Data records
=== Begin Enclosure ===
-- ===== src/Policy/Engine/Snapshot.antt =====
-- The sorted snapshot of the requirements changes no verdict.
use kordn.Base.{
  List, [], ◌∷◌, map, Bool, false, ◌||◌, none, some, Bytes, any, ◌≡◌, refl, ap, ◌∙◌, arith,
  any-sort_by, bytes_lt,
}
use mathlib.Core.Path.{fun_ext}
use kordn.AwsRequest.Mapping.{IamRequirement}
use kordn.Policy.Rule.{CompiledRule, RequestContext}
use kordn.Policy.Decision.{Decision, deny}
use kordn.Policy.Verdict.{
  resource_denied, resource_unacknowledged, resource_uncovered, some_resource, verdict,
}
use kordn.Policy.Engine.{snapshot_requirements, sort_resources, first_unresolved, is_unresolved}

any-map :
    {A B : Type 0} (p : B → Bool) (f : A → B) (xs : List A)
    → any p (map f xs) ≡ any (λ x. p (f x)) xs
any-map p f [] = refl
any-map p f (x ∷ xs) = ap (λ b. p (f x) || b) (any-map p f xs)

any-snapshot :
    (p : IamRequirement → Bool) (requirements : List IamRequirement)
    → any p (snapshot_requirements requirements) ≡ any (λ q. p (sort_resources q)) requirements
unfolding snapshot_requirements
any-snapshot p requirements = any-sort_by _ p _ ∙ any-map p sort_resources requirements

-- A test that looks at the requirement but not at its list of resources.
some_resource-snapshot :
    (p : IamRequirement → Bytes → Bool)
    → ((q : IamRequirement) (resource : Bytes) → p (sort_resources q) resource ≡ p q resource)
    → (requirements : List IamRequirement)
    → some_resource p (snapshot_requirements requirements) ≡ some_resource p requirements
unfolding sort_resources
some_resource-snapshot p same requirements =
    any-snapshot (λ q. any (p q) q.resources) requirements
    ∙ ap (λ t. any t requirements)
        (fun_ext λ q.
          any-sort_by bytes_lt (p (sort_resources q)) q.resources
          ∙ ap (λ t. any t q.resources) (fun_ext (same q)))

pub verdict-snapshot :
    (request : RequestContext) (rules : List CompiledRule) (requirements : List IamRequirement)
    → verdict request rules (snapshot_requirements requirements)
      ≡ verdict request rules requirements
unfolding verdict sort_resources
verdict-snapshot request rules requirements = simp (
  some_resource-snapshot (resource_denied request rules) (λ q r. refl) requirements,
  some_resource-snapshot (resource_unacknowledged request rules) (λ q r. refl) requirements,
  some_resource-snapshot (resource_uncovered request rules) (λ q r. refl) requirements,
)

-- Some requirement has a scope that the mapper could not resolve.
abbrev pub has_unresolved : List IamRequirement → Bool
has_unresolved = any (λ q. is_unresolved q.scope_kind)

pub has_unresolved-snapshot :
    (requirements : List IamRequirement)
    → has_unresolved (snapshot_requirements requirements) ≡ has_unresolved requirements
unfolding sort_resources
has_unresolved-snapshot requirements = any-snapshot _ requirements

pub first_unresolved-none :
    (requirements : List IamRequirement)
    → has_unresolved requirements ≡ false
    → first_unresolved requirements ≡ none
unfolding first_unresolved
first_unresolved-none [] h = refl
first_unresolved-none (q ∷ requirements) h = ground (arith, first_unresolved-none requirements)

pub none-first_unresolved :
    (requirements : List IamRequirement)
    → first_unresolved requirements ≡ none
    → has_unresolved requirements ≡ false
unfolding first_unresolved
none-first_unresolved [] h = refl
none-first_unresolved (q ∷ requirements) h = ground (arith, none-first_unresolved requirements)

pub first_unresolved-deny :
    (requirements : List IamRequirement) (d : Decision)
    → first_unresolved requirements ≡ some d
    → d.result ≡ deny
unfolding first_unresolved
first_unresolved-deny [] d h = absurd (ground arith)
first_unresolved-deny (q ∷ requirements) d h = ground (arith, first_unresolved-deny requirements d)
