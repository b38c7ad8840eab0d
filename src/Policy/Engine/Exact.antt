-- ===== src/Policy/Engine/Exact.antt =====
-- `Evaluate` computes the verdict.
use kordn.Base.{
  List, true, false, Option, none, some, ◌≡◌, refl, sym, ◌∙◌, arith, Option-cases, Bool-cases, inl,
  inr, is_ok, bytes_eq,
}
use kordn.AwsError.Reason.{ReasonCode, all_requirements_allowed}
use kordn.AwsRequest.Mapping.{IamRequirement, MappingResult}
use kordn.AwsRequest.Request.{DecodedAwsRequest}
use kordn.Policy.Rule.{CompiledRule, RequestContext}
use kordn.Policy.Decision.{DecisionInput, DecisionResult, allow, deny, validate_input}
use kordn.Policy.Scan.{Context, Scan, scan_requirements}
use kordn.Policy.Scan.Ends.{IsLive, scan_requirements-ends}
use kordn.Policy.Scan.Loops.{scan_requirements-Grows}
use kordn.Policy.Verdict.{verdict}
use kordn.Policy.Admission.{validate_evaluation_input}
use kordn.Policy.Engine.{
  Engine, start, conclude, request_context, is_high, snapshot_requirements, first_unresolved,
  evaluate_requirements, evaluate_valid, evaluate,
}
use kordn.Policy.Engine.Snapshot.{
  has_unresolved, has_unresolved-snapshot, verdict-snapshot, first_unresolved-none,
  none-first_unresolved, first_unresolved-deny,
}

-- What the checks before the loops leave through: a request and a mapping that pass every
-- validation, under the engine's own policy, mapped with high confidence and fully resolved.
pub record IsAdmissible (engine : Engine) (input : DecisionInput) (request : DecodedAwsRequest)
    (mapping : MappingResult) : Type 0 where
  pub has_request : input.request ≡ some request
  pub has_mapping : input.mapping ≡ some mapping
  pub is_valid : is_ok (validate_input input) ≡ true
  pub same_policy : bytes_eq input.policy_hash engine.hash ≡ true
  pub confident : is_high mapping.confidence ≡ true
  pub in_bounds : is_ok (validate_evaluation_input input.endpoint request mapping) ≡ true
  pub resolved : has_unresolved mapping.requirements ≡ false

-- Only one reason comes with a permission.
abbrev pub result_for : ReasonCode → DecisionResult
result_for all_requirements_allowed = allow
result_for _ = deny

conclude-verdict :
    (ctx : Context) (request : RequestContext) (rules : List CompiledRule)
    (requirements : List IamRequirement) {s : Scan}
    → scan_requirements ctx request rules requirements start ≡ some s
    → ctx s.polls ≡ false
    → ((conclude ctx s).reason_code ≡ verdict request rules requirements)
      × ((conclude ctx s).result ≡ result_for (verdict request rules requirements))
unfolding conclude verdict
conclude-verdict ctx request rules requirements h live =
    let g = scan_requirements-Grows ctx request rules requirements start h in ground arith

conclude-allow :
    (ctx : Context) (request : RequestContext) (rules : List CompiledRule)
    (requirements : List IamRequirement) {s : Scan}
    → scan_requirements ctx request rules requirements start ≡ some s
    → (conclude ctx s).result ≡ allow
    → verdict request rules requirements ≡ all_requirements_allowed
unfolding conclude verdict
conclude-allow ctx request rules requirements h allowed =
    let g = scan_requirements-Grows ctx request rules requirements start h in ground arith

evaluate_requirements-verdict :
    (engine : Engine) (ctx : Context) (request : RequestContext)
    (requirements : List IamRequirement)
    → IsLive ctx
    → has_unresolved requirements ≡ false
    → ((evaluate_requirements engine ctx request requirements).reason_code
        ≡ verdict request engine.rules requirements)
      × ((evaluate_requirements engine ctx request requirements).result
          ≡ result_for (verdict request engine.rules requirements))
unfolding evaluate_requirements
evaluate_requirements-verdict engine ctx request requirements live resolved =
    let (s, ran) = scan_requirements-ends ctx request live engine.rules requirements start in
    let open_scopes = first_unresolved-none requirements resolved in
    let r = conclude-verdict ctx request engine.rules requirements ran (live s.polls) in
    rw (open_scopes, ran, evaluate_requirements) r

-- For an admissible input and a context that is not cancelled, `Evaluate` returns exactly the
-- verdict of the policy, and permits exactly when every requirement is allowed.
pub evaluate-verdict :
    (engine : Engine) (ctx : Context) (input : DecisionInput) (request : DecodedAwsRequest)
    (mapping : MappingResult)
    → IsLive ctx
    → IsAdmissible engine input request mapping
    → ((evaluate (some engine) (some ctx) input).reason_code
        ≡ verdict (request_context request) engine.rules mapping.requirements)
      × ((evaluate (some engine) (some ctx) input).result
          ≡ result_for (verdict (request_context request) engine.rules mapping.requirements))
unfolding evaluate evaluate_valid
evaluate-verdict engine ctx input request mapping live a =
    let r =
      evaluate_requirements-verdict engine ctx (request_context request)
        (snapshot_requirements mapping.requirements) live
        (has_unresolved-snapshot mapping.requirements ∙ a.resolved) in
    let r' =
      rw (verdict-snapshot (request_context request) engine.rules mapping.requirements) at r in
    rw
      (
        live 0,
        a.is_valid,
        a.has_request,
        a.has_mapping,
        a.same_policy,
        a.confident,
        a.in_bounds,
        evaluate_valid,
      )
      r'

evaluate_requirements-allow :
    (engine : Engine) (ctx : Context) (request : RequestContext)
    (requirements : List IamRequirement)
    → (evaluate_requirements engine ctx request requirements).result ≡ allow
    → (first_unresolved requirements ≡ none)
      × (verdict request engine.rules requirements ≡ all_requirements_allowed)
unfolding evaluate_requirements
evaluate_requirements-allow engine ctx request requirements h =
    elim (Option-cases (first_unresolved requirements)) [
      | inr (d, found) ↦
          let refused = first_unresolved-deny requirements d found in
          let h' = rw (found, evaluate_requirements) at h in absurd (ground arith)
      | inl resolved ↦
          elim (Option-cases (scan_requirements ctx request engine.rules requirements start)) [
            | inl stopped ↦
                let h' = rw (resolved, stopped, evaluate_requirements) at h in absurd (ground arith)
            | inr (s, ran) ↦
                let h' = rw (resolved, ran, evaluate_requirements) at h in
                (resolved, conclude-allow ctx request engine.rules requirements ran h')
          ]
    ]

-- The guards in front of the loops.
evaluate_valid-guards :
    (engine : Engine) (ctx : Context) (input : DecisionInput) (request : DecodedAwsRequest)
    (mapping : MappingResult)
    → (evaluate_valid engine ctx input (some request) (some mapping)).result ≡ allow
    → (bytes_eq input.policy_hash engine.hash ≡ true)
      × (is_high mapping.confidence ≡ true)
      × (is_ok (validate_evaluation_input input.endpoint request mapping) ≡ true)
      × ((evaluate_requirements engine ctx
            (request_context request)
            (snapshot_requirements mapping.requirements)).result
          ≡ allow)
unfolding evaluate_valid
evaluate_valid-guards engine ctx input request mapping h = ground arith

-- The parts of a permission, when the engine, the context, the request and the mapping are there.
evaluate_valid-allow :
    (engine : Engine) (ctx : Context) (input : DecisionInput) (r : Option DecodedAwsRequest)
    (m : Option MappingResult)
    → input.request ≡ r
    → input.mapping ≡ m
    → is_ok (validate_input input) ≡ true
    → (evaluate_valid engine ctx input r m).result ≡ allow
    → (request : DecodedAwsRequest) × (mapping : MappingResult) × IsAdmissible engine input request
        mapping
      × (verdict (request_context request) engine.rules mapping.requirements
          ≡ all_requirements_allowed)
unfolding evaluate_valid
evaluate_valid-allow engine ctx input (some request) (some mapping) er em valid h =
    let (same, confident, in_bounds, allowed) =
      evaluate_valid-guards engine ctx input request mapping h in
    let (scopes, v) =
      evaluate_requirements-allow engine ctx (request_context request)
        (snapshot_requirements mapping.requirements) allowed in
    (
      request,
      mapping,
      record {
        has_request = er;
        has_mapping = em;
        is_valid = valid;
        same_policy = same;
        confident = confident;
        in_bounds = in_bounds;
        resolved =
            sym (has_unresolved-snapshot mapping.requirements) ∙ none-first_unresolved _ scopes;
      },
      sym (verdict-snapshot (request_context request) engine.rules mapping.requirements) ∙ v,
    )
evaluate_valid-allow engine ctx input none m er em valid h = absurd (ground arith)
evaluate_valid-allow engine ctx input (some r) none er em valid h = absurd (ground arith)

-- `Evaluate` permits only an admissible input whose verdict is that every requirement is allowed,
-- whenever the context is cancelled.
pub evaluate-allow :
    (engine : Engine) (ctx : Context) (input : DecisionInput)
    → (evaluate (some engine) (some ctx) input).result ≡ allow
    → (request : DecodedAwsRequest) × (mapping : MappingResult) × IsAdmissible engine input request
        mapping
      × (verdict (request_context request) engine.rules mapping.requirements
          ≡ all_requirements_allowed)
unfolding evaluate
evaluate-allow engine ctx input h = elim (Bool-cases (ctx 0)) [
  | inl cancelled ↦ let h' = rw (cancelled, evaluate) at h in absurd (ground arith)
  | inr live ↦ elim (Bool-cases (is_ok (validate_input input))) [
    | inl valid ↦
        evaluate_valid-allow engine ctx input input.request input.mapping refl refl valid
          (rw (live, valid, evaluate) at h)
    | inr bad ↦ let h' = rw (live, bad, evaluate) at h in absurd (ground arith)
  ]
]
=== End Enclosure ===
» What you have to do: Word for word, restate the lines of the data above that fall between the line holding "any t requirements)" and the line holding "CompiledRule) (requirements : List IamRequirement)", inclusive, and no other lines.

» Solution:
    ∙ ap (λ t. any t requirements)
        (fun_ext λ q.
          any-sort_by bytes_lt (p (sort_resources q)) q.resources
          ∙ ap (λ t. any t q.resources) (fun_ext (same q)))

pub verdict-snapshot :
    (request : RequestContext) (rules : List CompiledRule) (requirements : List IamRequirement)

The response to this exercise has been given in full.